荷条丈人闻言怒道:“你凭什么说蔡邑他投身了魔教?”松云道:“听闻姓蔡的与这小子有八拜之交,他若非投身魔教,难道也如这小子入魔教做奸细不成?”
真机子见二人言语龉龃,恐要动武,忙加阻止道:“大敌当前,正是戮力同心之时,二位切莫为些许小事争吵。”
救走徐鸿儒的正是少冲。少冲胁持住徐鸿儒,逼他释放美黛子。徐鸿儒被反绑双手,拿住脉门,只好带着少冲来到一处阁楼。
这阁楼名为剑阁,本是用来供奉魔神之剑的,高有百尺,上插云霄,与少冲在幻境中见到的有几分相似。
徐鸿儒被胁持着一边上楼,一边道:“你……你千万小心,别一不留神让我断了这口气,我死了就没人给你黛妹疗毒了……”
少冲道:“你要是骗我,这阁楼便是你葬身之地。”
到了阁楼最顶层,果见美黛子被绑在一根柱子上,而她容颜衰老,精神萎靡,正如幻境中所见。
少冲立即腾出一只手给她松绑,取出嘴中的布团,美黛子痛苦失声,扑入少冲怀中道:“少冲君,我以为永远见不着你了。

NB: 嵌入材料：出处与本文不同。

-- ===== src/Crypt/RoundTrip.antt =====
-- What an encryption makes is what a decryption takes.
use mathlib.Core.List.{append_assoc}
use trusty_platform_sand.Base.{
  ℕ, ◌+◌, ◌%◌, ◌^◌, ◌<◌, ◌≤◌, ◌≡◌, refl, ◌∙◌, ap, sym, false, Option, some, List, [], ◌∷◌, ◌++◌,
  arith, length, take, drop, slice, zeros, ◌==◌, length-append, take-append_all, drop-append_add,
}
use trusty_platform_sand.Crypt.{
  no_error, Evp, splice, gcm_tag_size, run, with_buffer, aes_256_gcm_encrypt, aes_256_gcm_decrypt,
}
use trusty_platform_sand.Crypt.Clean.{cleared_by}
use trusty_platform_sand.Crypt.Made.{length-splice}
use trusty_platform_sand.Crypt.Gcm.{IsGcm}
use trusty_platform_sand.Crypt.Open.{aes_256_gcm_decrypt_lem}
use trusty_platform_sand.Crypt.Seal.{sealed, splice-splice, encrypt_body-sealed}

module _ (evp : Evp) (key iv : List ℕ) (iv_size : ℕ) (aad : Option (List ℕ)) (aad_size : ℕ)
    (gcm : IsGcm evp key iv iv_size aad aad_size) (plain : List ℕ)
    (some_bytes : 0 < length plain) where
  encrypt-sealed :
      (out : List ℕ) (out_size : ℕ) (buf : List ℕ)
      → 0 < iv_size
      → length plain < 2 ^ 31
      → length plain + 16 ≤ length out
      → evp.malloc (length plain + 16) ≡ some buf
      → length buf ≡ length plain + 16
      → aes_256_gcm_encrypt evp
          (some key)
          (some iv)
          iv_size
          aad
          aad_size
          (some plain)
          (length plain)
          (some out)
          (some out_size)
        ≡ some (record {
          rc = no_error;
          out = some (sealed evp key iv iv_size aad aad_size gcm plain some_bytes out);
          out_size = some (length plain + 16);
          freed = zeros (length plain + 16) ∷ [];
        })
  unfolding aes_256_gcm_encrypt run
  encrypt-sealed out out_size buf long small fits block room =
      let m : ℕ = length plain in
      let cipher : List ℕ = gcm.stream plain in
      let tag : List ℕ = gcm.mac cipher in
      let size : (m + gcm_tag_size) % 2 ^ 64 ≡ m + 16 = omega arith in
      let some_iv : (iv_size == 0) ≡ false = ground arith in
      let lc : length cipher ≡ m = gcm.stream_length plain in
      let lt : length tag ≡ 16 = gcm.mac_length cipher in
      let r1 = length-splice 0 cipher buf (omega arith) in
      let clear : (zeros (m + 16) ++ drop (m + 16) (splice 0 tag (splice 0 cipher buf))) ∷ []
          ≡ zeros (m + 16) ∷ [] =
        cleared_by (m + 16) (splice 0 tag (splice 0 cipher buf))
          (length-splice 0 tag (splice 0 cipher buf) (omega arith) ∙ r1 ∙ room) in
      let stored : splice (length cipher + 0) tag (splice 0 cipher out)
          ≡ cipher ++ tag ++ drop (m + 16) out =
        splice-splice cipher tag out (length cipher + 0) (omega arith)
        ∙ ap (λ (k : ℕ). cipher ++ tag ++ drop k out) (omega arith) in
      let count : length cipher + 0 + 16 ≡ m + 16 = omega arith in
      rw (some_iv, size, with_buffer, block, size)
        (ap (run evp (m + 16)) (
            encrypt_body-sealed evp key iv iv_size aad aad_size gcm plain some_bytes out out_size
              buf fits room small)
          ∙ rw (clear, stored, count) refl)

  -- The pieces of what was sealed
  sealed-cipher :
      (out : List ℕ)
      → take (length plain) (sealed evp key iv iv_size aad aad_size gcm plain some_bytes out)
        ≡ gcm.stream plain
  sealed-cipher out =
      let cipher : List ℕ = gcm.stream plain in
      let tag : List ℕ = gcm.mac cipher in
      ap (take (length plain)) (append_assoc cipher tag (drop (length plain + 16) out))
      ∙ take-append_all cipher (tag ++ drop (length plain + 16) out) (length plain)
          (gcm.stream_length plain)

  sealed-tag :
      (out : List ℕ)
      → slice (length plain) 16 (sealed evp key iv iv_size aad aad_size gcm plain some_bytes out)
        ≡ gcm.mac (gcm.stream plain)
  sealed-tag out =
      let cipher : List ℕ = gcm.stream plain in
      let tag : List ℕ = gcm.mac cipher in
      let rest : List ℕ = tag ++ drop (length plain + 16) out in
      let same : length plain ≡ length cipher + 0 = omega (arith, gcm.stream_length plain) in
      ap (slice (length plain) 16) (append_assoc cipher tag (drop (length plain + 16) out))
      ∙ ap (λ (k : ℕ). take 16 (drop k (cipher ++ rest))) same
      ∙ ap (take 16) (drop-append_add cipher rest 0)
      ∙ take-append_all tag (drop (length plain + 16) out) 16 (gcm.mac_length cipher)

  -- With a library that does AES-GCM, pointers that are not NULL, a vector with a length, a text of
  -- between 1 and 2 ^ 31 - 1 bytes, room for the results and a heap with the blocks,
  -- `aes_256_gcm_encrypt` returns AES_GCM_NO_ERROR and the size of the text and a tag, and
  -- `aes_256_gcm_decrypt` of so many bytes of what it stored returns AES_GCM_NO_ERROR, the size of
  -- the text and the text.
  pub decrypt-encrypt :
      (out : List ℕ) (out_size : ℕ) (buf : List ℕ) (back : List ℕ) (back_size : ℕ)
      (back_buf : List ℕ)
      → 0 < iv_size
      → length plain < 2 ^ 31
      → length plain + 16 ≤ length out
      → evp.malloc (length plain + 16) ≡ some buf
      → length buf ≡ length plain + 16
      → length plain ≤ length back
      → evp.malloc (length plain) ≡ some back_buf
      → length back_buf ≡ length plain
      → (made : List ℕ) × (aes_256_gcm_encrypt evp
            (some key)
            (some iv)
            iv_size
            aad
            aad_size
            (some plain)
            (length plain)
            (some out)
            (some out_size)
          ≡ some (record {
            rc = no_error;
            out = some made;
            out_size = some (length plain + 16);
            freed = zeros (length plain + 16) ∷ [];
          }))
        × (aes_256_gcm_decrypt evp
              (some key)
              (some iv)
              iv_size
              aad
              aad_size
              (some made)
              (length plain + 16)
              (some back)
              (some back_size)
            ≡ some (record {
              rc = no_error;
              out = some (plain ++ drop (length plain) back);
              out_size = some (length plain);
              freed = zeros (length plain) ∷ [];
            }))
  decrypt-encrypt out out_size buf back back_size back_buf long small fits block room back_fits
        back_block back_room =
      let m : ℕ = length plain in
      let made : List ℕ = sealed evp key iv iv_size aad aad_size gcm plain some_bytes out in
      let cipher : List ℕ = gcm.stream plain in
      let tag : List ℕ = gcm.mac cipher in
      let long_enough : m + 16 ≤ length made = omega (
        arith,
        length-append (cipher ++ tag) (drop (m + 16) out),
        length-append cipher tag,
        gcm.stream_length plain,
        gcm.mac_length cipher,
      ) in
      let right_tag : slice m 16 made ≡ gcm.mac (take m made) =
        sealed-tag out ∙ sym (ap gcm.mac (sealed-cipher out)) in
      let text : gcm.stream (take m made) ≡ plain =
        ap gcm.stream (sealed-cipher out) ∙ gcm.stream_twice plain in
      (
        made,
        encrypt-sealed out out_size buf long small fits block room,
        (aes_256_gcm_decrypt_lem evp key iv iv_size aad aad_size gcm made m some_bytes long_enough
                back back_size back_buf long small back_fits back_block back_room).0
              right_tag
            ∙ rw text refl,
      )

”
有徐鸿儒在侧,少冲不便与黛妹过于亲昵,安慰她道:“别担心,我这不是好好的么?”一边催促徐鸿儒交出解药。
徐鸿儒道:“我当然不会随身带着,除非你将我送到安全之所,我便告诉你解药放在何处。”
这徐鸿儒当真狡猾,或许他手中根本就没有解药。
少冲道:“下边高手云集,连我自己都是泥菩萨过河。”
徐鸿儒道:“你不是找到了莲花圣境么?那里有一条逃生秘道,可以直通峰下。眼下只须避开追兵,等我到了山脚,就告诉你解药之所在,以及疗治之法。我徐鸿儒有半句虚言,你到时再杀我也还不迟。”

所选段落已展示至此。